*** Opening SUPPLIED ENTRIES ***
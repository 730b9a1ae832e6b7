-- ===== src/Archive.antt =====
-- The 112-byte header of an archive: writeArchiveHeader and readArchiveHeader of
-- DataBackup/core/archive.cpp.
pub mod Fields
pub mod RoundTrip
pub mod Accepted
use backup_system.Base.{
  ℕ, ◌-◌, ◌^◌, ◌+◌, ◌<◌, bit_and, bit_or, Bool, true, false, not, ◌&&◌, ◌||◌, List, [], ◌∷◌, ◌++◌,
  length, leb, ltb, ◌==◌, if◌then◌else◌,
}
use backup_system.Base.Outcome
use backup_system.Base.Outcome.{Result, ok, err}
use backup_system.Stream.{
  Bytes, Reader, ◌>>=◌, ◌>>◌, pure, ensure, run, bytes_eq, read_exact, read_u8, read_u16, read_u32,
  read_u64, write_u8, write_u16, write_u32, write_u64,
}
use backup_system.Format.{
  PackAlgorithm, CompressionAlgorithm, EncryptionAlgorithm, pack_id, compression_id, encryption_id,
  pack_of, compression_of, encryption_of, ArchiveInfo,
}

abbrev pub archive_version : ℕ
archive_version = 2

abbrev pub archive_version_lz77 : ℕ
archive_version_lz77 = 3

abbrev pub archive_version_authenticated : ℕ
archive_version_authenticated = 4

abbrev pub archive_header_size : ℕ
archive_header_size = 112

abbrev pub archive_tag_size : ℕ
archive_tag_size = 32

abbrev pub archive_magic : Bytes
archive_magic = b'B' ∷ b'K' ∷ b'P' ∷ b'2' ∷ []

unfoldable pub archive_version_for : CompressionAlgorithm → ℕ
archive_version_for compression =
    if compression_id compression == 3 then archive_version_lz77 else archive_version

-- The flag word: bit 0 is always set, bit 1 says compressed, bit 2 says encrypted.
unfoldable pub header_flags : CompressionAlgorithm → EncryptionAlgorithm → ℕ
header_flags compression encryption =
    let flags : ℕ = 1 in
    let flags₁ = if not (compression_id compression == 0) then bit_or flags 2 else flags in
    if not (encryption_id encryption == 0) then bit_or flags₁ 4 else flags₁

unfoldable pub write_archive_header : ArchiveInfo → Bytes → Bytes
write_archive_header info salt =
    archive_magic
    ++ (write_u16 info.version
        ++ (write_u16 archive_header_size
            ++ (write_u32 (header_flags info.compression info.encryption)
                ++ (write_u8 (pack_id info.pack)
                    ++ (write_u8 (compression_id info.compression)
                        ++ (write_u8 (encryption_id info.encryption)
                            ++ (write_u8 0
                                ++ (write_u64 info.packed_size
                                    ++ (write_u64 info.encoded_size
                                        ++ (salt
                                            ++ (info.packed_digest ++ info.encoded_digest)))))))))))

pub record ParsedHeader : Type 0 where
  pub info : ArchiveInfo
  pub salt : Bytes

unfoldable pub known_version : ℕ → Bool
known_version version =
    version == 1
    || version == archive_version
    || version == archive_version_lz77
    || version == archive_version_authenticated

-- `a == b` on two conditions.
unfoldable pub same : Bool → Bool → Bool
same true b = b
same false b = not b

unfoldable pub flags_match : ℕ → ℕ → ℕ → Bool
flags_match flags compression encryption =
    not (bit_and flags 1 == 0)
    && same (not (bit_and flags 2 == 0)) (not (compression == 0))
    && same (not (bit_and flags 4 == 0)) (not (encryption == 0))
    && bit_and flags (2 ^ 32 - 8) == 0

-- The algorithm identifiers, up to the flags: the three bytes and the checks on them.
unfoldable pub check_algorithms : ℕ → ℕ → ℕ → ℕ → ℕ → Reader (Unit {0})
check_algorithms version flags pack compression encryption = do
  ensure (pack == 1 || pack == 2) "invalid pack algorithm identifier"
  ensure (leb compression 3 && (encryption == 0 || encryption == 3 || encryption == 4))
      "invalid transform algorithm identifier"
  ensure (leb archive_version_lz77 version || not (compression == 3))
      "LZ77 compression requires archive version 3"
  ensure (not (encryption == 1) && not (encryption == 2))
      "legacy XOR/Vigenere archives are no longer supported"
  ensure (not (version == archive_version_authenticated) || not (encryption == 0))
      "authenticated archives require encryption"
  ensure (flags_match flags compression encryption)
      "archive flags do not match algorithm identifiers"

-- The sizes, the salt and the digests.
unfoldable pub read_header_tail : ℕ → ℕ → ℕ → ℕ → Reader ParsedHeader
read_header_tail version pack compression encryption = do
  packed_size ← read_u64
  encoded_size ← read_u64
  salt ← read_exact 16
  packed_digest ← read_exact 32
  encoded_digest ← read_exact 32
  pure (record {
    info = record {
      version = version;
      pack = pack_of pack;
      compression = compression_of compression;
      encryption = encryption_of encryption;
      packed_size = packed_size;
      encoded_size = encoded_size;
      packed_digest = packed_digest;
      encoded_digest = encoded_digest;
    };
    salt = salt;
  })

unfoldable pub read_archive_header : Reader ParsedHeader
read_archive_header = do
  magic ← read_exact 4
  ensure (bytes_eq magic archive_magic) "invalid archive magic; expected BKP2"
  version ← read_u16
  ensure (known_version version) "unsupported archive version"
  header_size ← read_u16
  ensure (header_size == archive_header_size) "unsupported archive header size"
  flags ← read_u32
  pack ← read_u8
  compression ← read_u8
  encryption ← read_u8
  reserved ← read_u8
  ensure (reserved == 0) "non-zero archive reserved byte"
  check_algorithms version flags pack compression encryption
  read_header_tail version pack compression encryption

unfoldable pub header_overhead : ArchiveInfo → ℕ
header_overhead info =
    archive_header_size
    + (if info.version == archive_version_authenticated then archive_tag_size else 0)

unfoldable pub check_archive_size : ℕ → ParsedHeader → Result ParsedHeader
check_archive_size size parsed =
    if leb (header_overhead parsed.info) size
      && parsed.info.encoded_size == size - header_overhead parsed.info
    then ok parsed
    else err "archive payload size does not match header"

-- The overload on a path: the header of the file whose bytes are `file`, and its size checked.
unfoldable pub read_archive_file : Bytes → Result ParsedHeader
read_archive_file file =
    Outcome.◌>>=◌ (run read_archive_header file) (check_archive_size (length file))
*** Closing SUPPLIED ENTRIES ***
# ASSIGNMENT
Copy the data above exactly. Every line must be included.

# ANSWER
repository 730b9a1ae832e6b7
-- ===== src/Archive.antt =====
-- The 112-byte header of an archive: writeArchiveHeader and readArchiveHeader of
-- DataBackup/core/archive.cpp.
pub mod Fields
pub mod RoundTrip
pub mod Accepted
use backup_system.Base.{
  ℕ, ◌-◌, ◌^◌, ◌+◌, ◌<◌, bit_and, bit_or, Bool, true, false, not, ◌&&◌, ◌||◌, List, [], ◌∷◌, ◌++◌,
  length, leb, ltb, ◌==◌, if◌then◌else◌,
}
use backup_system.Base.Outcome
use backup_system.Base.Outcome.{Result, ok, err}
use backup_system.Stream.{
  Bytes, Reader, ◌>>=◌, ◌>>◌, pure, ensure, run, bytes_eq, read_exact, read_u8, read_u16, read_u32,
  read_u64, write_u8, write_u16, write_u32, write_u64,
}
use backup_system.Format.{
  PackAlgorithm, CompressionAlgorithm, EncryptionAlgorithm, pack_id, compression_id, encryption_id,
  pack_of, compression_of, encryption_of, ArchiveInfo,
}

abbrev pub archive_version : ℕ
archive_version = 2

abbrev pub archive_version_lz77 : ℕ
archive_version_lz77 = 3

abbrev pub archive_version_authenticated : ℕ
archive_version_authenticated = 4

abbrev pub archive_header_size : ℕ
archive_header_size = 112

abbrev pub archive_tag_size : ℕ
archive_tag_size = 32

abbrev pub archive_magic : Bytes
archive_magic = b'B' ∷ b'K' ∷ b'P' ∷ b'2' ∷ []

unfoldable pub archive_version_for : CompressionAlgorithm → ℕ
archive_version_for compression =
    if compression_id compression == 3 then archive_version_lz77 else archive_version

-- The flag word: bit 0 is always set, bit 1 says compressed, bit 2 says encrypted.
unfoldable pub header_flags : CompressionAlgorithm → EncryptionAlgorithm → ℕ
header_flags compression encryption =
    let flags : ℕ = 1 in
    let flags₁ = if not (compression_id compression == 0) then bit_or flags 2 else flags in
    if not (encryption_id encryption == 0) then bit_or flags₁ 4 else flags₁

unfoldable pub write_archive_header : ArchiveInfo → Bytes → Bytes
write_archive_header info salt =
    archive_magic
    ++ (write_u16 info.version
        ++ (write_u16 archive_header_size
            ++ (write_u32 (header_flags info.compression info.encryption)
                ++ (write_u8 (pack_id info.pack)
                    ++ (write_u8 (compression_id info.compression)
                        ++ (write_u8 (encryption_id info.encryption)
                            ++ (write_u8 0
                                ++ (write_u64 info.packed_size
                                    ++ (write_u64 info.encoded_size
                                        ++ (salt
                                            ++ (info.packed_digest ++ info.encoded_digest)))))))))))

pub record ParsedHeader : Type 0 where
  pub info : ArchiveInfo
  pub salt : Bytes

unfoldable pub known_version : ℕ → Bool
known_version version =
    version == 1
    || version == archive_version
    || version == archive_version_lz77
    || version == archive_version_authenticated

-- `a == b` on two conditions.
unfoldable pub same : Bool → Bool → Bool
same true b = b
same false b = not b

unfoldable pub flags_match : ℕ → ℕ → ℕ → Bool
flags_match flags compression encryption =
    not (bit_and flags 1 == 0)
    && same (not (bit_and flags 2 == 0)) (not (compression == 0))
    && same (not (bit_and flags 4 == 0)) (not (encryption == 0))
    && bit_and flags (2 ^ 32 - 8) == 0

-- The algorithm identifiers, up to the flags: the three bytes and the checks on them.
unfoldable pub check_algorithms : ℕ → ℕ → ℕ → ℕ → ℕ → Reader (Unit {0})
check_algorithms version flags pack compression encryption = do
  ensure (pack == 1 || pack == 2) "invalid pack algorithm identifier"
  ensure (leb compression 3 && (encryption == 0 || encryption == 3 || encryption == 4))
      "invalid transform algorithm identifier"
  ensure (leb archive_version_lz77 version || not (compression == 3))
      "LZ77 compression requires archive version 3"
  ensure (not (encryption == 1) && not (encryption == 2))
      "legacy XOR/Vigenere archives are no longer supported"
  ensure (not (version == archive_version_authenticated) || not (encryption == 0))
      "authenticated archives require encryption"
  ensure (flags_match flags compression encryption)
      "archive flags do not match algorithm identifiers"

-- The sizes, the salt and the digests.
unfoldable pub read_header_tail : ℕ → ℕ → ℕ → ℕ → Reader ParsedHeader
read_header_tail version pack compression encryption = do
  packed_size ← read_u64
  encoded_size ← read_u64
  salt ← read_exact 16
  packed_digest ← read_exact 32
  encoded_digest ← read_exact 32
  pure (record {
    info = record {
      version = version;
      pack = pack_of pack;
      compression = compression_of compression;
      encryption = encryption_of encryption;
      packed_size = packed_size;
      encoded_size = encoded_size;
      packed_digest = packed_digest;
      encoded_digest = encoded_digest;
    };
    salt = salt;
  })

unfoldable pub read_archive_header : Reader ParsedHeader
read_archive_header = do
  magic ← read_exact 4
  ensure (bytes_eq magic archive_magic) "invalid archive magic; expected BKP2"
  version ← read_u16
  ensure (known_version version) "unsupported archive version"
  header_size ← read_u16
  ensure (header_size == archive_header_size) "unsupported archive header size"
  flags ← read_u32
  pack ← read_u8
  compression ← read_u8
  encryption ← read_u8
  reserved ← read_u8
  ensure (reserved == 0) "non-zero archive reserved byte"
  check_algorithms version flags pack compression encryption
  read_header_tail version pack compression encryption

unfoldable pub header_overhead : ArchiveInfo → ℕ
header_overhead info =
    archive_header_size
    + (if info.version == archive_version_authenticated then archive_tag_size else 0)

unfoldable pub check_archive_size : ℕ → ParsedHeader → Result ParsedHeader
check_archive_size size parsed =
    if leb (header_overhead parsed.info) size
      && parsed.info.encoded_size == size - header_overhead parsed.info
    then ok parsed
    else err "archive payload size does not match header"

-- The overload on a path: the header of the file whose bytes are `file`, and its size checked.
unfoldable pub read_archive_file : Bytes → Result ParsedHeader
read_archive_file file =
    Outcome.◌>>=◌ (run read_archive_header file) (check_archive_size (length file))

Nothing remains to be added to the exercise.